Más que un listado de cargos, mi trayectoria es el reflejo de una vida de coherencia dedicada a la defensa de la dignidad humana, uniendo mi experiencia en misiones internacionales con mi labor legislativa y diplomática para servir siempre como una voz firme, transparente y comprometida con la justicia social en Colombia.

1. Formación y visión global: Un compromiso que no conoce fronteras

La carrera de Sofía comenzó con una sólida formación como Politóloga en la Universidad de los Andes, pero fue en el terreno internacional donde su visión se expandió.

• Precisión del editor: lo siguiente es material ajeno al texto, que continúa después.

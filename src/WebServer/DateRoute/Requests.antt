-- ===== src/WebServer/DateRoute/Requests.antt =====
-- Requests for a day.
use Prim.Native.String.{String}
use iotic.Database.Environment.{Environment}
use iotic.Database.Store.{Store}
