-- ===== src/Runs/Requests.antt =====
-- Runs of the date route, of dates, of a relay and of the averages.
use Prim.Native.String.{String}
use iotic.Prelude.{
  ℕ, ◌<◌, ◌≡◌, refl, pos, negsuc, to_u32, Bool, true, false, none, some, List, [], ◌∷◌, arith,
  get_elem?, All,
}
use iotic.Common.Date.{YearMonthDay, parse_ymd, ok, sys_days, is_leap, last_day, days_from_zero}
use iotic.Database.Types.{Dataset, IsDataset}
use iotic.Database.Downsample.{downsample}
use iotic.Database.Downsample.Bounds.{downsample_total, IsBounded}
use iotic.Database.Cbor.{signed}
use iotic.Things.Shelly.{ShellyGen2Thing, switch_path, on_set_properties}
use iotic.Things.Shelly.Rotation.{set_times, set_times_all, on_set_properties_shrunk}
use iotic.Runs.Database.{samples, samples-IsDataset}

-- "1970-01-02", and a date that is none.
abbrev second_day : List ℕ
second_day = 49 ∷ 57 ∷ 55 ∷ 48 ∷ 45 ∷ 48 ∷ 49 ∷ 45 ∷ 48 ∷ 50 ∷ []

abbrev leap_day : YearMonthDay
leap_day = record { year = 2024; month = 2; day = 29 }

dates :
    (sys_days (parse_ymd second_day) ≡ pos 1)
    × (ok leap_day ≡ true)
    × (sys_days leap_day ≡ pos 19782)
    × (ok (record { year = 2023; month = 2; day = 29 }) ≡ false)
unfolding sys_days parse_ymd days_from_zero ok last_day is_leap
dates = (refl, refl, refl, refl)

abbrev is_power : String → Bool
is_power name = true

abbrev relay : ShellyGen2Thing
relay = record { host = "relay"; port = 80; phase_to_set = 1 }

abbrev states : List Bool
states = true ∷ false ∷ true ∷ []

set_times_all_example :
    (paths : List String) × (i : ℕ) × (state : Bool) × (set_times 3 states relay
      ≡ some (paths, relay))
    × (i < 3)
    × (get_elem? states 0 ≡ some state)
    × (get_elem? paths i ≡ some (switch_path 0 state))
set_times_all_example = set_times_all states relay 0 (omega arith) (omega arith)

no_states : on_set_properties [] relay ≡ none
no_states = on_set_properties_shrunk [] relay (omega arith)

samples-IsBounded : All (λ e. IsBounded 1 (negsuc 9) (pos 9) e.1) samples
unfolding signed
samples-IsBounded = ground arith

downsample_total_example :
    (a : Dataset) × (downsample (pos 300) samples ≡ some a)
    × IsDataset 0 a
    × All (λ e. IsBounded 1 (negsuc 9) (pos 9) e.1) a
unfolding to_u32
downsample_total_example =
    downsample_total 1 (negsuc 9) (pos 9) 0 (pos 300) samples (omega arith) (omega arith)
      (ground arith) samples-IsDataset samples-IsBounded
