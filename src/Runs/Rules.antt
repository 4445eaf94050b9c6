-- ===== src/Runs/Rules.antt =====
-- Runs of src/rules/RuleEngine.cpp.
use Prim.Native.String.{String}
use iotic.Prelude.{
  ℤ, pos, ◌≡◌, refl, Bool, true, Option, none, some, List, [], ◌∷◌, not, inl, filter_by,
}
use iotic.Strategies.Strategy.{ThingType}
use iotic.Strategies.RuleActuation.{RuleActuation, Compiler}
use iotic.Rules.StrategyFactory.{Setup, AnyStrategy}
use iotic.Runs.Charging.{whole}
use iotic.Rules.RuleEngine.{Rules, contains, before_dot, on_thing_added}
use iotic.Rules.RuleEngine.Parser.{Parser, create_parser, resolve_all}
use iotic.Rules.RuleEngine.Symbols.{rule_subscribes}
use iotic.Rules.StrategyFactory
use iotic.Strategies.RuleActuation
use iotic.Strategies.Wallbox
use iotic.Rules.SymbolRepository.{find_symbol, set_symbol, resolve_symbol}

-- The meter is subscribed to, as a symbol is named for it; the switch is waited for.
abbrev rules : Rules ℤ ℤ
rules = record {
  engine = record {
    dependent = "switch" ∷ [];
    subscribed = "meter" ∷ [];
    subscriptions = "meter" ∷ [];
  };
  symbols = ("meter.power", pos 40) ∷ ("switch.power", pos 0) ∷ [];
  strategies = [];
}

abbrev priority : ℤ → ℤ
priority s = s

abbrev no_strategy : List (String × ℤ) → List (String × ℤ) × Option ℤ
no_strategy symbols = (symbols, none)

abbrev some_strategy : List (String × ℤ) → List (String × ℤ) × Option ℤ
some_strategy symbols = (("pv.power", pos 0) ∷ symbols, some (pos 4))

-- Expressions of two names, whatever their text.
abbrev two_names : String → List String → Bool × List String
two_names expr known = (true, filter_by (λ n. not (contains n known)) ("sun" ∷ "meter.power" ∷ []))

abbrev compile : Compiler Bool
compile text symbols = (symbols, none)

-- A relay with two outputs and no expressions.
abbrev boiler : Setup whole
boiler = record {
  type = ThingType.relay;
  thing_id = "boiler";
  offset = none;
  on = "";
  off = "";
  power_thresholds = pos 600 ∷ pos 800 ∷ [];
  priority = pos 4;
  hysteresis_for = λ power. pos 200;
  phase_limit_duration = 120;
  voltages = (pos 230, pos 230, pos 230);
  measured_at = 0;
  zero = pos 0;
}

-- A relay with two expressions of the same two names.
abbrev lamp : Setup whole
lamp = record {
  type = ThingType.relay;
  thing_id = "lamp";
  offset = none;
  on = "sun > meter.power";
  off = "sun < meter.power";
  power_thresholds = [];
  priority = pos 1;
  hysteresis_for = λ power. pos 200;
  phase_limit_duration = 120;
  voltages = (pos 230, pos 230, pos 230);
  measured_at = 0;
  zero = pos 0;
}

abbrev no_rules : Rules ℤ (AnyStrategy whole Parser)
no_rules = record {
  engine = record { dependent = []; subscribed = []; subscriptions = [] };
  symbols = [];
  strategies = [];
}

abbrev lamp_rule : RuleActuation Parser
lamp_rule = record {
  thing_id = "lamp";
  priority = pos 1;
  on_expression = record {
    expression = "sun > meter.power";
    variables = "sun" ∷ "meter.power" ∷ [];
  };
  off_expression = record {
    expression = "sun < meter.power";
    variables = "sun" ∷ "meter.power" ∷ [];
  };
  state = none;
  next_state = none;
  measured_power = pos 0;
  sent = [];
}

abbrev lamp_factory : List (String × ℤ) → List (String × ℤ) × Option (AnyStrategy whole Parser)
lamp_factory symbols =
    (("sun", pos 0) ∷ ("meter.power", pos 0) ∷ [], some (AnyStrategy.rule_actuation lamp_rule))

abbrev own_priority : AnyStrategy whole Parser → ℤ
own_priority s = pos 1

rule_subscribes_example :
    contains "meter"
      (on_thing_added own_priority lamp_factory
        ("lamp" ∷ "meter" ∷ [])
        "lamp"
        no_rules).engine.subscribed
    ≡ true
unfolding contains filter_by before_dot StrategyFactory.from create_parser RuleActuation.from
    resolve_all resolve_symbol find_symbol set_symbol Wallbox.from
rule_subscribes_example =
    rule_subscribes two_names lamp own_priority lamp_factory ("lamp" ∷ "meter" ∷ []) no_rules
      lamp_rule "meter.power" (λ e k. refl) refl refl (inl refl) refl
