-- ===== src/Runs/Storage.antt =====
-- Runs of src/database/DatabaseUtil.cpp.
use iotic.Prelude.{ℕ, ◌≡◌, refl, some, List, [], ◌∷◌, arith}
use iotic.Database.Types.{Dataset, DeltaDataset, IsDataset, HasWidth}
use iotic.Database.Delta
use iotic.Database.Delta.{delta_compress, delta_decompress}
use iotic.Database.Delta.Thin.{value_at}
use iotic.Database.Delta.RoundTrip.{archive_values}
use iotic.Database.Cbor.{Item, cbor_encode, cbor_decode}
use iotic.Database.Cbor.RoundTrip.{cbor_decode-encode}

-- Three samples of two values; the second one repeats the first one, the third has a negative value.
abbrev day : Dataset
day = (1000, 5 ∷ 65535 ∷ []) ∷ (1300, 5 ∷ 65535 ∷ []) ∷ (1600, 7 ∷ 65000 ∷ []) ∷ []

day-IsDataset : IsDataset 0 day
day-IsDataset = ground arith

day-HasWidth : HasWidth 2 day
day-HasWidth = ground arith

delta_compress_run : delta_compress day ≡ some ((1000, 5 ∷ 65535 ∷ []) ∷ (600, 2 ∷ 65001 ∷ []) ∷ [])
unfolding delta_compress Delta.compress_from Delta.delta_point Delta.all_zero
delta_compress_run = refl

archive_values_example :
    (c : DeltaDataset) × (d' : Dataset) × (delta_compress day ≡ some c)
    × (delta_decompress c ≡ some d')
    × ((now : ℕ) → value_at now d' ≡ value_at now day)
archive_values_example = archive_values 2 0 day day-IsDataset day-HasWidth

cbor_decode-encode_example :
    (items : List Item) × (cbor_encode day ≡ some items) × (cbor_decode items ≡ some day)
cbor_decode-encode_example = cbor_decode-encode 2 day day-HasWidth (ground arith)
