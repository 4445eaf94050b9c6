-- ===== src/Stats.antt =====
-- src/stats: the statistics.
pub mod StatsDaily
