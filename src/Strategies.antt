-- ===== src/Strategies.antt =====
-- src/strategies: the strategies that steer consumers, their repository and the power manager.
pub mod Description
pub mod Strategy
pub mod StrategyRepository
pub mod PowerManager
pub mod MultiPhase
pub mod RuleActuation
pub mod Wallbox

Trabajó con las Naciones Unidas en Colombia y se desempeñó en diversas ONG internacionales en zonas de alto conflicto como Bosnia, Ruanda e Irlanda, donde aprendió que la defensa de los derechos humanos requiere tanto de sensibilidad técnica como de valentía en el campo (Enlace Colombia Visible)


2. Una voz inquebrantable en el Senado de la República (2014-2018)

Durante su paso por el Congreso, Sofía se destacó por ser una legisladora de resultados, enfocando su gestión en la protección de la infancia, el desarrollo del campo y la transparencia. Su trabajo no fue solo administrativo; fue una de las voces más firmes en la exigencia de verdad y justicia, demostrando que se puede hacer política con independencia y carácter, incluso cuando esto significa nadar contra la corriente por defender principios.


3. Liderazgo con las víctimas: El corazón de su lucha

Como víctima directa del conflicto (tras el doloroso asesinato de su hermano, el exgobernador Guillermo Gaviria Correa, a manos de las FARC), Sofía transformó el dolor en acción política. Como Presidenta de Honor de la Federación Colombiana de Víctimas de las FARC (FEVCOL), ha representado a más de 225.000 personas, llevando su clamor por la justicia real y la reparación ante organismos nacionales e internacionales.


4. Representación diplomática: Colombia ante el mundo

Entre 2019 y 2022, Sofía asumió el cargo de Embajadora de Colombia en Suiza y ante el Principado de Liechtenstein. En este periodo, su gestión se centró en fortalecer los lazos de cooperación técnica, promover la inversión extranjera y velar por los derechos de la comunidad colombiana en el exterior, demostrando que la diplomacia es una herramienta clave para el progreso nacional.